Even if the human rights violations are committed by States (according to some UN resolutions and UNICEF, Israel - but also the Gaza Authority (Hamas) - is violating some international human rights norms and principles), companies can and should use their power and influence to reduce these violations as much as possible and avoid to be involved directly or indirectly, in human rights violations that can be linked to their activities. This is especially the case for companies doing business in the occupied territories (West-Bank, part of Jerusalem, Gaza…). This can be through their own codes of conduct, internal and external audits, cooperation with local and international NGO’s or human rights organizations, or the integration of social and human rights criteria in contracts. In some cases, they might even decide to stop doing business (in fact, several European companies already stopped (part of) their activities in Israel or the Occupied Territories).  

Some companies argue that "If we do not go there, someone else will go. The economic reality continues.", and “companies are not holier than the pope and do also business with other countries where human rights are not respected". Both answers are - from the perspective of business ethics and corporate social responsibility - wrong.
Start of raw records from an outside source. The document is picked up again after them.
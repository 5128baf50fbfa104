-- ===== src/Outbound/Recovery.antt =====
-- The calls of an emitter lose no durable event.
use omp_bundler.Prelude.{
  ℕ, ◌+◌, ◌≡◌, refl, inl, inr, List, ◌++◌, Bool, true, false, ◌&&◌, ◌||◌, Option, none, some, Text,
  same, same_iff, is_empty, leb, if◌then◌else◌, All, arith, Option-cases,
}
use omp_bundler.Prelude.Rows.{select, select_holds, All-select}
use omp_bundler.Contracts.{OutboundEvent, EventBody, turn_started, turn_error, turn_delta}
use omp_bundler.Outbound.{
  OutboxStatus, pending, delivered, permanent_failure, Config, best_effort, rejects, Emitter,
  Outcome, and_then, has_id, is_own, is_replay, next_event, persist_event, deliver_durable,
  emit_durable, emit_best_effort, flush_progress, ensure_started, finish, emit_provider_error,
  end_with,
}
use omp_bundler.Outbound.Frames.{
  Message, Frame, turn_start, message_update, tool_execution_end, turn_end, agent_end, subagent,
  other, agent_end_has_model_error, handle_progress_candidate, handle_message_update,
  handle_tool_execution_end, handle_turn_end, handle_agent_end, ingest_frame,
}
use omp_bundler.Outbound.Delivery.{
  is_own_failure, with_retry, resume_pending, retry_permanent_failure_once, retry_permanent_failure,
  redeliver_row, redeliver_durable,
}
use omp_bundler.Outbound.Covered.{
  is_keyed, Kept, keeps_enqueue, keeps_insert, resumed-covered, retried-covered, keyed-update,
}

module _ (c : Config) where
  abbrev Safe : Emitter → Type 0
  Safe s = Kept c s

  -- What is not kept in the outbox or the chain may change.
  pub same-Safe : (s t : Emitter) → t.rows ≡ s.rows → t.chain ≡ s.chain → Safe s → Safe t
  same-Safe s t p q k = record { keyed = rw p k.keyed; covered = rw (p, q) k.covered }

  pub if-Safe : (test : Bool) (s t : Emitter) → Safe s → Safe t → Safe (if test then s else t)
  if-Safe true s t a b = a
  if-Safe false s t a b = b

  pub ifs-Safe :
      (test : Bool) (o p : Outcome)
      → Safe o.state
      → Safe p.state
      → Safe (if test then o else p).state
  ifs-Safe true o p a b = a
  ifs-Safe false o p a b = b

  then-Safe :
      (o : Outcome) (f : Emitter → Outcome)
      → Safe o.state
      → ((t : Emitter) → Safe t → Safe (f t).state)
      → Safe (and_then o f).state
  unfolding and_then
  then-Safe o f a h = elim (Option-cases o.thrown) [
    | inl e ↦ rw (e, and_then) (h o.state a)
    | inr (x, e) ↦ rw (e, and_then) a
  ]

  persist_event-Safe : (e : OutboundEvent) (s : Emitter) → Safe s → Safe (persist_event c e s).state
  unfolding persist_event
  persist_event-Safe e s k = elim (Option-cases (select (has_id e.event_id) s.rows)) [
    | inl f ↦ rw (f, persist_event) (keeps_insert c e s _ refl refl k)
    | inr (r, f) ↦ rw (f, persist_event) (ifs-Safe (is_replay c e r) _ _ k k)
  ]

  deliver_durable-Safe :
      (e : OutboundEvent) (s : Emitter) → Safe s → Safe (deliver_durable c e s).state
  unfolding deliver_durable
  deliver_durable-Safe e s k =
      ifs-Safe (c.on_durable_prepared e) _ _ (persist_event-Safe e s k)
        (keeps_enqueue c rejects s _ refl refl k)

  pub emit_durable-Safe :
      (now : ℕ) (body : EventBody) (s : Emitter) → Safe s → Safe (emit_durable c now body s).state
  unfolding emit_durable
  emit_durable-Safe now body s k =
      deliver_durable-Safe (next_event c now body s) _ (same-Safe s _ refl refl k)

  pub flush_progress-Safe : (now : ℕ) (s : Emitter) → Safe s → Safe (flush_progress c now s)
  unfolding flush_progress
  flush_progress-Safe now s k = elim (Option-cases s.pending_progress) [
    | inl e ↦ rw (e, flush_progress) k
    | inr (message, e) ↦
        rw (e, flush_progress)
          (if-Safe (leb (s.last_progress_at + c.progress_threshold_ms) now) _ _
            (keeps_enqueue c (best_effort _) s _ refl refl k) k)
  ]

  ensure_started-Safe : (now : ℕ) (s : Emitter) → Safe s → Safe (ensure_started c now s).state
  unfolding ensure_started
  ensure_started-Safe now s k =
      ifs-Safe s.started_emitted _ _ k
        (emit_durable-Safe now turn_started _ (same-Safe s _ refl refl k))

  finish-Safe :
      (now : ℕ) (body : EventBody) (s : Emitter) → Safe s → Safe (finish c now body s).state
  unfolding finish
  finish-Safe now body s k =
      then-Safe (ensure_started c now s) _ (ensure_started-Safe now s k)
        (λ t k'. emit_durable-Safe now body _ (same-Safe t _ refl refl k'))

  pub emit_provider_error-Safe :
      (now : ℕ) (code message : Text) (retryable : Bool) (s : Emitter)
      → Safe s
      → Safe (emit_provider_error c now code message retryable s).state
  unfolding emit_provider_error
  emit_provider_error-Safe now code message retryable s k =
      ifs-Safe (s.closed || s.terminal_emitted) _ _ k
        (finish-Safe now (turn_error code message retryable) s k)

  pub end_with-Safe :
      (now : ℕ) (body : EventBody) (s : Emitter) → Safe s → Safe (end_with c now body s).state
  unfolding end_with
  end_with-Safe now body s k =
      ifs-Safe (s.closed || s.terminal_emitted) _ _ k
        (emit_durable-Safe now body _ (same-Safe s _ refl refl k))

  message_update-Safe :
      (now : ℕ) (delta : Option Text) (s : Emitter)
      → Safe s
      → Safe (handle_message_update c now delta s)
  unfolding handle_message_update handle_progress_candidate
  message_update-Safe now none s k = k
  message_update-Safe now (some delta) s k =
      let t = record s { reply_text = s.reply_text ++ delta } in
      let u = emit_best_effort c now (turn_delta delta) t in
      if-Safe (is_empty delta) _ _ k (
        if-Safe (s.closed || s.terminal_emitted) _ _ (same-Safe s t refl refl k) (
          flush_progress-Safe now _
            (same-Safe u _ refl refl (keeps_enqueue c (best_effort _) s u refl refl k))))

  agent_end-Safe :
      (now : ℕ) (ms : List Message) (s : Emitter)
      → Safe s
      → Safe (handle_agent_end c now ms s).state
  unfolding handle_agent_end
  agent_end-Safe now ms s k = ifs-Safe (s.closed || s.terminal_emitted) _ _ k (
      ifs-Safe (agent_end_has_model_error ms) _ _ (emit_provider_error-Safe now _ _ true s k) (
        ifs-Safe s.stay_silent _ _ (finish-Safe now _ s k) (
          ifs-Safe (is_empty s.reply_text && is_empty s.reply_attachments) _ _
            (emit_provider_error-Safe now _ _ false s k) (finish-Safe now _ s k))))

  pub ingest_frame-Safe :
      (now : ℕ) (frame : Frame) (s : Emitter) → Safe s → Safe (ingest_frame c now frame s).state
  unfolding ingest_frame handle_tool_execution_end handle_turn_end handle_progress_candidate
  ingest_frame-Safe now turn_start s k = ensure_started-Safe now s k
  ingest_frame-Safe now (message_update delta) s k = message_update-Safe now delta s k
  ingest_frame-Safe now (tool_execution_end tool is_error marker) s k = same-Safe s _ refl refl k
  ingest_frame-Safe now (turn_end none) s k = k
  ingest_frame-Safe now (turn_end (some u)) s k = same-Safe s _ refl refl k
  ingest_frame-Safe now (agent_end ms) s k = agent_end-Safe now ms s k
  ingest_frame-Safe now (subagent kind id name) s k =
      flush_progress-Safe now _ (same-Safe s _ refl refl k)
  ingest_frame-Safe now other s k = k

  -- Of a resumption only that the rows are keyed is needed.
  pub resume_fresh-Safe :
      (s : Emitter)
      → s.resuming ≡ none
      → All (λ r. is_keyed r ≡ true) s.rows
      → Safe (resume_pending c s)
  unfolding resume_pending
  resume_fresh-Safe s e k =
      rw (e, resume_pending)
        (record { keyed = k; covered = resumed-covered c s.resumes s.chain s.rows k })

  pub resume_pending-Safe : (s : Emitter) → Safe s → Safe (resume_pending c s)
  unfolding resume_pending
  resume_pending-Safe s k = elim (Option-cases s.resuming) [
    | inl e ↦ resume_fresh-Safe s e k.keyed
    | inr (n, e) ↦ rw (e, resume_pending) k
  ]

  retry_once-Safe :
      (ts id : Text) (s : Emitter) → Safe s → Safe (retry_permanent_failure_once c ts id s).state
  unfolding retry_permanent_failure_once
  retry_once-Safe ts id s k = elim (Option-cases (select (is_own_failure c id) s.rows)) [
    | inl e ↦ rw (e, retry_permanent_failure_once) k
    | inr (r, e) ↦
        let key = All-select (λ q. is_keyed q ≡ true) (is_own_failure c id) s.rows k.keyed e in
        let hit = select_holds (is_own_failure c id) s.rows e in
        let found : same r.payload.event_id id ≡ true = ground (
          arith,
          key,
          hit,
          same_iff r.payload.event_id r.event_id,
          same_iff r.event_id id,
          same_iff r.payload.event_id id,
        ) in
        rw (e, retry_permanent_failure_once)
          (ifs-Safe (c.on_durable_prepared r.payload) _ _
            (record {
              keyed = keyed-update c _ (with_retry ts) s.rows (λ q. refl) k.keyed;
              covered = retried-covered c r.payload id ts s.chain s.rows found k.covered;
            })
            k)
  ]

  pub retry-Safe :
      (ts id : Text) (s : Emitter) → Safe s → Safe (retry_permanent_failure c ts id s).state
  unfolding retry_permanent_failure
  retry-Safe ts id s k = elim (Option-cases (select (λ j. same j id) s.retrying)) [
    | inl e ↦ rw (e, retry_permanent_failure) (retry_once-Safe ts id s k)
    | inr (j, e) ↦ rw (e, retry_permanent_failure) k
  ]

  pub redeliver-Safe :
      (ts : Text) (e : OutboundEvent) (s : Emitter)
      → Safe s
      → Safe (redeliver_durable c ts e s).state
  unfolding redeliver_durable
  redeliver-Safe ts e s k =
      elim (Option-cases (select (λ r. has_id e.event_id r && is_own c r) s.rows)) [
        | inl f ↦ rw (f, redeliver_durable) (deliver_durable-Safe e s k)
        | inr (r, f) ↦
            rw (f, redeliver_durable)
              (ifs-Safe (same (c.encode r.payload) (c.encode e)) _ _ (go r.status) k)
      ]
    where
      go : (status : OutboxStatus) → Safe (redeliver_row c ts e s status).state
      go pending = resume_pending-Safe s k
      go permanent_failure = retry-Safe ts e.event_id s k
      go delivered = k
The question is not whether or not a company can or should invest in countries where human rights violations take place, but under what conditions they can, and which due diligence processes they have put in place to avoid complicity in human rights violations.

A majority of the multinational companies are aware of the fact that they must avoid being directly involved in human rights abuses (e.g. private security companies), or indirectly benefit from it (supplying from the occupied territories some products). If they do not, their reputation, image and license to operate are at stake, which can have an impact on their financial performances and with a potential loss of market share as a result. The pressure of the public opinion should neither be underestimated. More and more Western consumers and NGO’s are calling for a boycott of products coming from the Occupied Territories, or even whole Israel.

Companies must be aware that the material impact of human rights allegations is not limited to the direct stakeholders impacted (in casu Israeli and Palestine civilians).  With increased consumer awareness and active social media, companies that are accused of being involved, of profiting from human rights violations in the region, will face a huge reputational damage. There are also concrete financial and operational impacts to companies that fail to uphold international standards. The above cited example of consumer boycotts is one example. But companies might also be held legally responsible of being involved in human rights violations.

 Also for the investor community the situation in Israel is a case for concern. Considerations of corporate human rights performances are increasingly a part of investors’ ESG (Environmental, Social & Governance) strategies. This is reflected, by the increasing number of signatories of the UN Principles on responsible Investing (UNPRI), which was at 1,248 in March 2014 (including 63.9% investment managers and 21.5% of asset owners). The human rights agenda is central to the selection of appropriate stocks and engagement policies. More and more, (ethical) stock indices demand strict human rights criteria of companies prior to including them in their indices. As part of their ESG strategies, these investors assess risks associated to companies that may be involved in violations of human rights.

So, aside of the purely ethical consideration – can I do business in a responsible way, and not profiting from human rights violations? -, there is also the more mercantile and financial consideration: the risk that investors will disinvest in your company.